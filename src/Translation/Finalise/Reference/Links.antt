-- ===== src/Translation/Finalise/Reference/Links.antt =====
-- Marks and links before and after the jumps to one label are resolved.
use mathlib.Core.List.{map}
use reil.Base.{
  ℕ, suc, ◌≡◌, refl, sym, ap, ap₂, Bool, ◌∙◌, ◌==◌, false, true, if◌then◌else◌, Option, some, none,
  List, [], ◌∷◌, inl, inr, u16, Option-cases, Bool-cases,
}
use reil.Instruction.{Instruction, offset}
use reil.Translation.Finalise.{
  is_jcc, label_of, placed_label, jumps_to, resolve_one, resolve, place,
}
use reil.Translation.Finalise.Reference.{place_from, link, kept, NoLabel, IsSpaced}

-- The marks stay when an output changes.
placed_label-resolve_one :
    (index i : ℕ) (rj : Instruction) → placed_label (resolve_one index i rj) ≡ placed_label rj
unfolding resolve_one
placed_label-resolve_one index i rj = elim (Bool-cases (jumps_to index rj)) [
  | inl jumps ↦ rw jumps refl
  | inr stays ↦ rw stays refl
]

NoLabel-resolve : (index i : ℕ) (l : List Instruction) → NoLabel l → NoLabel (resolve index i l)
unfolding resolve
NoLabel-resolve index i [] h = tt
NoLabel-resolve index i (r ∷ l) h = placed_label-resolve_one index i r ∙ h

pub IsSpaced-resolve :
    (index i : ℕ) (l : List Instruction) → IsSpaced l → IsSpaced (resolve index i l)
unfolding resolve
IsSpaced-resolve index i [] h = tt
IsSpaced-resolve index i (r ∷ l) h = (
  elim h.0 [
    | inl plain ↦ inl (placed_label-resolve_one index i r ∙ plain)
    | inr next ↦ inr (NoLabel-resolve index i l next)
  ],
  IsSpaced-resolve index i l h.1,
)

pub place_from-plain :
    (i index : ℕ) (ri : Instruction) (rest : List Instruction)
    → placed_label ri ≡ none
    → place_from i index (ri ∷ rest) ≡ place_from (suc i) index rest
unfolding place_from
place_from-plain i index ri rest e = rw (e, place_from) refl

pub place_from-mark :
    (i index l : ℕ) (ri : Instruction) (rest : List Instruction)
    → placed_label ri ≡ some l
    → place_from i index (ri ∷ rest) ≡ (if l == index then some i else place_from i index rest)
unfolding place_from
place_from-mark i index l ri rest e = rw (e, place_from) refl

pub place_from-resolve :
    (index k i other : ℕ) (l : List Instruction)
    → place_from i other (resolve index k l) ≡ place_from i other l
unfolding place_from resolve
place_from-resolve index k i other [] = refl
place_from-resolve index k i other (r ∷ l) = elim (Option-cases (placed_label r)) [
  | inl plain ↦
      place_from-plain i other (resolve_one index k r) (resolve index k l)
        (placed_label-resolve_one index k r ∙ plain)
      ∙ place_from-resolve index k (suc i) other l
      ∙ sym (place_from-plain i other r l plain)
  | inr (m, mark) ↦
      place_from-mark i other m (resolve_one index k r) (resolve index k l)
        (placed_label-resolve_one index k r ∙ mark)
      ∙ ap (λ o. if m == other then some i else o) (place_from-resolve index k i other l)
      ∙ sym (place_from-mark i other m r l mark)
]

pub kept-plain :
    (ri : Instruction) (rest : List Instruction)
    → placed_label ri ≡ none
    → kept (ri ∷ rest) ≡ ri ∷ kept rest
unfolding kept
kept-plain ri [] e = refl
kept-plain ri (next ∷ rest) e = rw (e, kept) refl

pub kept-mark :
    (l : ℕ) (ri next : Instruction) (rest : List Instruction)
    → placed_label ri ≡ some l
    → kept (ri ∷ next ∷ rest) ≡ kept (next ∷ rest)
unfolding kept
kept-mark l ri next rest e = rw (e, kept) refl

pub kept-resolve :
    (index i : ℕ) (l : List Instruction) → kept (resolve index i l) ≡ resolve index i (kept l)
unfolding kept resolve
kept-resolve index i [] = refl
kept-resolve index i (r ∷ []) = refl
kept-resolve index i (r ∷ next ∷ l) =
    let rest = kept-resolve index i (next ∷ l) in
    let same = placed_label-resolve_one index i r in
    elim (Option-cases (placed_label r)) [
      | inl plain ↦
          kept-plain (resolve_one index i r) (resolve index i (next ∷ l)) (same ∙ plain)
          ∙ ap (λ t. resolve_one index i r ∷ t) rest
          ∙ ap (resolve index i) (sym (kept-plain r (next ∷ l) plain))
      | inr (m, mark) ↦
          kept-mark m (resolve_one index i r) (resolve_one index i next) (resolve index i l)
            (same ∙ mark)
          ∙ rest
          ∙ ap (resolve index i) (sym (kept-mark m r next l mark))
    ]

module _ (p : ℕ → Option ℕ) (rj : Instruction) where
  link-plain : is_jcc rj.opcode ≡ false → link p rj ≡ rj
  unfolding link
  link-plain plain = rw (plain, link) refl

  link-other : label_of rj.output ≡ none → link p rj ≡ rj
  unfolding link
  link-other other = elim (Bool-cases (is_jcc rj.opcode)) [
    | inl jump ↦ rw (jump, other, link) refl
    | inr plain ↦ link-plain plain
  ]

  -- What a jump to a label becomes where the place is known, and where it is not.
  linked : Option ℕ → Instruction
  linked none = rj
  linked (some i) = record rj { output = offset (u16 i) }

  link-to :
      (l : ℕ) → is_jcc rj.opcode ≡ true → label_of rj.output ≡ some l → link p rj ≡ linked (p l)
  unfolding link linked
  link-to l jump to = elim (Option-cases (p l)) [
    | inl unknown ↦ rw (jump, to, unknown, link) refl
    | inr (i, known) ↦ rw (jump, to, known, link) refl
  ]

-- Linking to no place changes nothing.
link-none : (rj : Instruction) → link (λ _. none) rj ≡ rj
unfolding linked
link-none rj = elim (Bool-cases (is_jcc rj.opcode)) [
  | inl jump ↦ elim (Option-cases (label_of rj.output)) [
    | inl other ↦ link-other (λ _. none) rj other
    | inr (l, to) ↦ link-to (λ _. none) rj l jump to
  ]
  | inr plain ↦ link-plain (λ _. none) rj plain
]

resolve_one-stays :
    (index i : ℕ) (rj : Instruction) → jumps_to index rj ≡ false → resolve_one index i rj ≡ rj
unfolding resolve_one
resolve_one-stays index i rj stays = rw (stays, resolve_one) refl

resolve_one-goes :
    (index i : ℕ) (rj : Instruction)
    → jumps_to index rj ≡ true
    → resolve_one index i rj ≡ record rj { output = offset (u16 i) }
unfolding resolve_one
resolve_one-goes index i rj jumps = rw (jumps, resolve_one) refl

-- Resolving the jumps to one label, and linking those to the others after it.
module _ (index i : ℕ) (place : ℕ → Option ℕ) where
  abbrev pub with_mark : ℕ → Option ℕ
  with_mark other = if index == other then some i else place other

module _ (index i : ℕ) (place : ℕ → Option ℕ) (rj : Instruction) where
  unchanged :
      jumps_to index rj ≡ false
      → link place rj ≡ link (with_mark index i place) rj
      → link place (resolve_one index i rj) ≡ link (with_mark index i place) rj
  unchanged stays same = ap (link place) (resolve_one-stays index i rj stays) ∙ same

  link-resolve_one : link place (resolve_one index i rj) ≡ link (with_mark index i place) rj
  unfolding linked
  link-resolve_one = elim (Bool-cases (is_jcc rj.opcode)) [
    | inl jump ↦ elim (Option-cases (label_of rj.output)) [
      | inl other ↦
          unchanged (rw (jump, other) refl)
            (link-other place rj other ∙ sym (link-other (with_mark index i place) rj other))
      | inr (l, to) ↦ elim (Bool-cases (index == l)) [
        | inl it ↦
            ap (link place) (resolve_one-goes index i rj (rw (jump, to) it))
            ∙ link-other place (record rj { output = offset (u16 i) }) refl
            ∙ sym (
                link-to (with_mark index i place) rj l jump to
                ∙ ap (λ (t : Bool). linked place rj (if t then some i else place l)) it)
        | inr another ↦ unchanged (rw (jump, to) another) (
            link-to place rj l jump to
            ∙ sym (
                link-to (with_mark index i place) rj l jump to
                ∙ ap (λ (t : Bool). linked place rj (if t then some i else place l)) another))
      ]
    ]
    | inr plain ↦
        unchanged (rw plain refl)
          (link-plain place rj plain ∙ sym (link-plain (with_mark index i place) rj plain))
  ]

module _ (p q : ℕ → Option ℕ) (same : (index : ℕ) → p index ≡ q index) where
  link-same : (rj : Instruction) → link p rj ≡ link q rj
  unfolding linked
  link-same rj = elim (Bool-cases (is_jcc rj.opcode)) [
    | inl jump ↦ elim (Option-cases (label_of rj.output)) [
      | inl other ↦ link-other p rj other ∙ sym (link-other q rj other)
      | inr (l, to) ↦
          link-to p rj l jump to ∙ ap (linked p rj) (same l) ∙ sym (link-to q rj l jump to)
    ]
    | inr plain ↦ link-plain p rj plain ∙ sym (link-plain q rj plain)
  ]

  pub map-link-same : (l : List Instruction) → map (link p) l ≡ map (link q) l
  map-link-same [] = refl
  map-link-same (r ∷ l) = ap₂ (λ x xs. x ∷ xs) (link-same r) (map-link-same l)

pub map-link-none : (l : List Instruction) → map (link (λ _. none)) l ≡ l
map-link-none [] = refl
map-link-none (r ∷ l) = ap₂ (λ x xs. x ∷ xs) (link-none r) (map-link-none l)

pub map-link-resolve :
    (index i : ℕ) (place : ℕ → Option ℕ) (l : List Instruction)
    → map (link place) (resolve index i l) ≡ map (link (with_mark index i place)) l
unfolding resolve
map-link-resolve index i place [] = refl
map-link-resolve index i place (r ∷ l) =
    ap₂ (λ x xs. x ∷ xs) (link-resolve_one index i place r) (map-link-resolve index i place l)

====================

• _Required work_: Please return all lines from the records that hold the word "after".

• _Task response_:
-- Marks and links before and after the jumps to one label are resolved.
-- Resolving the jumps to one label, and linking those to the others after it.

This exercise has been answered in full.